### DATA FOR THE TASK ###
-- ===== src/Action.antt =====
-- A method with `&mut self` that returns a `ParseResult`: a function of the state. An error keeps the
-- state that the method had reached, since `?` does not undo what was done before it.
pub mod Triple
use blockchain_zc_parser.Base.{ℕ, zero, suc, Bool, true, false}
use blockchain_zc_parser.Error.{ParseError, ParseResult, ok, err, fault}

abbrev pub Action : Type 0 → Type 0 → Type 0
Action S A = S → ParseResult A × S

module _ {S A B : Type 0} where
  -- What follows runs on a success, in the state reached.
  abbrev pub after : ParseResult A × S → (A → Action S B) → ParseResult B × S
  after (ok a, s) f = f a s
  after (err e, s) f = (err e, s)
  after (fault, s) f = (fault, s)

  infixl 5 ◌>>=◌ ◌>>◌
  abbrev pub ◌>>=◌ : Action S A → (A → Action S B) → Action S B
  ◌>>=◌ m f s = after (m s) f

  abbrev pub ◌>>◌ : Action S A → Action S B → Action S B
  m >> k = m >>= λ _. k

module _ {S A : Type 0} where
  abbrev pub pure : A → Action S A
  pure a s = (ok a, s)

  abbrev pub fail : ParseError → Action S A
  fail e s = (err e, s)

  -- A computation that reads no state.
  abbrev pub lift : ParseResult A → Action S A
  lift r s = (r, s)

-- `if bad { return Err(e); }`
abbrev pub refuse_if : {S : Type 0} → Bool → ParseError → Action S (Unit {0})
refuse_if true e = fail e
refuse_if false e = pure tt

-- `for _ in 0..n { body }`
unfoldable pub for_range : {S : Type 0} → ℕ → Action S (Unit {0}) → Action S (Unit {0})
for_range zero body = pure tt
for_range (suc n) body = body >> for_range n body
###
:: WORK INSTRUCTION ::
The full set of entries should appear again, unchanged, line by line.

:: YOUR RESPONSE ::
-- ===== src/Action.antt =====
-- A method with `&mut self` that returns a `ParseResult`: a function of the state. An error keeps the
-- state that the method had reached, since `?` does not undo what was done before it.
pub mod Triple
use blockchain_zc_parser.Base.{ℕ, zero, suc, Bool, true, false}
use blockchain_zc_parser.Error.{ParseError, ParseResult, ok, err, fault}

abbrev pub Action : Type 0 → Type 0 → Type 0
Action S A = S → ParseResult A × S

module _ {S A B : Type 0} where
  -- What follows runs on a success, in the state reached.
  abbrev pub after : ParseResult A × S → (A → Action S B) → ParseResult B × S
  after (ok a, s) f = f a s
  after (err e, s) f = (err e, s)
  after (fault, s) f = (fault, s)

  infixl 5 ◌>>=◌ ◌>>◌
  abbrev pub ◌>>=◌ : Action S A → (A → Action S B) → Action S B
  ◌>>=◌ m f s = after (m s) f

  abbrev pub ◌>>◌ : Action S A → Action S B → Action S B
  m >> k = m >>= λ _. k

module _ {S A : Type 0} where
  abbrev pub pure : A → Action S A
  pure a s = (ok a, s)

  abbrev pub fail : ParseError → Action S A
  fail e s = (err e, s)

  -- A computation that reads no state.
  abbrev pub lift : ParseResult A → Action S A
  lift r s = (r, s)

-- `if bad { return Err(e); }`
abbrev pub refuse_if : {S : Type 0} → Bool → ParseError → Action S (Unit {0})
refuse_if true e = fail e
refuse_if false e = pure tt

-- `for _ in 0..n { body }`
unfoldable pub for_range : {S : Type 0} → ℕ → Action S (Unit {0}) → Action S (Unit {0})
for_range zero body = pure tt
for_range (suc n) body = body >> for_range n body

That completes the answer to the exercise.